Principle:Facebookresearch Audiocraft JASCO Generation Configuration
Overview
JASCO Generation Configuration governs how multi-source classifier-free guidance (CFG) is parameterized for JASCO's flow matching generation process. Unlike MusicGen's single CFG coefficient, JASCO decomposes guidance into multiple terms, each controlling the influence of different conditioning sources (all conditions together, text only, or no conditions). This multi-source CFG approach enables fine-grained control over how strongly each type of conditioning (text, chords, drums, melody) affects the generated music.
Theoretical Background
Standard Classifier-Free Guidance
In standard CFG (Ho & Salimans, 2022), the guided prediction is:
v_guided = v_unconditional + cfg_coef * (v_conditional - v_unconditional)
This provides a single knob to control the trade-off between sample quality (higher CFG) and diversity (lower CFG).
Multi-Source Classifier-Free Guidance
JASCO extends this to multiple conditioning sources.
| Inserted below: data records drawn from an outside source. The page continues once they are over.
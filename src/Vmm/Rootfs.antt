-- ===== src/Vmm/Rootfs.antt =====
-- crates/aegis-vmm/src/rootfs.rs: the golden root file system is written once more at every start of a
-- sandbox. `?` ends the run at the first call that fails; a change of a mode may fail silently.
pub mod Contents
pub mod Provisioned
use aegis_honeypot.Prelude.{
  ℕ, Bool, true, false, List, [], ◌∷◌, ◌++◌, Option, none, some, if◌then◌else◌, drop_last, map,
}
use aegis_honeypot.Prelude.Text.{Text, PathBuf, codes, split}
use aegis_honeypot.Vmm.{HostCall, created, wrote, write_failed, set_mode, Run, Host}
use aegis_honeypot.Vmm.Rootfs.Contents.{File, dirs, files, bin_names}

-- `base.join(path)` of a path with several components.
abbrev pub join_path : PathBuf → Text → PathBuf
join_path base path = base ++ split 47 path

abbrev pub parent_of : PathBuf → Option PathBuf
parent_of [] = none
parent_of (c ∷ cs) = some (drop_last (c ∷ cs))

abbrev pub stub_content : Text → Text
stub_content name = codes "#!/bin/sh\n# Aegis sandbox stub: " ++ name ++ codes "\nexit 0\n"

-- The two stubs of a program.
abbrev pub stubs_of : Text → List File
stubs_of name =
    record { path = codes "bin/" ++ name; content = stub_content name; mode = 493 }
    ∷ record { path = codes "usr/bin/" ++ name; content = stub_content name; mode = 493 }
    ∷ []

abbrev pub all_stubs : List Text → List File
all_stubs [] = []
all_stubs (name ∷ names) = stubs_of name ++ all_stubs names

-- Everything that is written, in order.
abbrev pub golden_files : List File
golden_files = files ++ all_stubs bin_names

abbrev pub open_mode : Bool → PathBuf → List HostCall → List HostCall
open_mode there p t = if there then set_mode p 420 ∷ t else t

abbrev pub open_tmp : PathBuf → List HostCall → List HostCall
open_tmp base t =
    set_mode (join_path base (codes "var/tmp")) 1_023
    ∷ set_mode (join_path base (codes "tmp")) 1_023
    ∷ t

-- The rest of a run, unless it has failed.
abbrev pub and_then :
    Run (Option (Unit {0})) → (List HostCall → Run (Option (Unit {0}))) → Run (Option (Unit {0}))
and_then (none, t) f = (none, t)
and_then (some u, t) f = f t

module _ (host : Host) where
  abbrev pub create : Option PathBuf → List HostCall → Run (Option (Unit {0}))
  create none t = (some tt, t)
  create (some p) t = if host.can_create t p then (some tt, created p ∷ t) else (none, t)

  abbrev pub write_open : PathBuf → Text → ℕ → List HostCall → Run (Option (Unit {0}))
  write_open p content mode t =
      if host.can_write t p
      then (some tt, set_mode p mode ∷ wrote p content ∷ t)
      else (none, write_failed p ∷ t)

  abbrev pub write_after : PathBuf → Text → ℕ → Run (Option (Unit {0})) → Run (Option (Unit {0}))
  write_after p content mode (none, t) = (none, t)
  write_after p content mode (some u, t) =
      write_open p content mode (open_mode (host.exists t p) p t)

  unfoldable pub write_file : PathBuf → Text → ℕ → List HostCall → Run (Option (Unit {0}))
  write_file p content mode t = write_after p content mode (create (parent_of p) t)

  abbrev pub create_dirs : PathBuf → List Text → List HostCall → Run (Option (Unit {0}))
  create_dirs base [] t = (some tt, t)
  create_dirs base (d ∷ ds) t = and_then (create (some (join_path base d)) t) (create_dirs base ds)

  unfoldable pub write_files : PathBuf → List File → List HostCall → Run (Option (Unit {0}))
  unfolding write_file
  write_files base [] t = (some tt, t)
  write_files base (f ∷ fs) t =
      and_then (write_file (join_path base f.path) f.content f.mode t) (write_files base fs)

  unfoldable pub ensure_golden_rootfs : PathBuf → List HostCall → Run (Option (Unit {0}))
  unfolding write_files split
  ensure_golden_rootfs base t =
      and_then (create_dirs base dirs t) (λ u. write_files base golden_files (open_tmp base u))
The guided vector field is a weighted sum of multiple terms, each computed with a different subset of conditions:
v_guided = w_all * v_all + w_txt * v_txt + w_null * v_null
Where:
v_allis the vector field with all conditions active (text + temporal)v_txtis the vector field with text only (temporal conditions dropped)v_nullis the vector field with no conditions (fully unconditional)w_null = 1 - w_all - w_txt(weights sum to 1)
This decomposition allows independent control over:
- How much the generation follows the temporal structure (chords, drums, melody) -- via
cfg_coef_all - How much the generation follows the text description specifically -- via
cfg_coef_txt
Key Concepts
| Parameter | Default | Role |
|---|---|---|
cfg_coef_all |
5.0 | Weight for the fully-conditioned term (all conditions: text + chords + drums + melody) |
cfg_coef_txt |
0.0 | Weight for the text-only conditioned term (temporal conditions dropped) |
| Null weight | 1 - cfg_coef_all - cfg_coef_txt |
Implicit weight for the unconditional term, computed automatically |
When cfg_coef_txt = 0.0 (the default), the guidance simplifies to a two-term scheme: fully conditioned vs. unconditional, similar to standard CFG but applied to the flow matching vector field.
CFG Term Classes
JASCO implements three distinct CFG term types:
| Term Class | Conditions Retained | Conditions Dropped | Purpose |
|---|---|---|---|
AllCFGTerm |
All (text + symbolic + wav) | None | Fully conditioned generation |
TextCFGTerm |
Text only | Symbolic (chords, melody) and wav (drums) | Text-only guidance |
NullCFGTerm |
None | All | Unconditional baseline |
Terms with negligible weight (absolute value below 1e-6) are removed to save computation.
Design Rationale
- Compositional control: The multi-source decomposition lets users adjust temporal adherence and semantic adherence independently, rather than trading one for the other.
- Backward compatibility: With
cfg_coef_txt=0.0, the system reduces to standard two-term CFG, making it a strict generalization. - Extensibility via kwargs: Additional generation parameters can be passed through
**kwargsand are forwarded to the underlyingFlowMatchingModel.generate()call, supporting future extensions.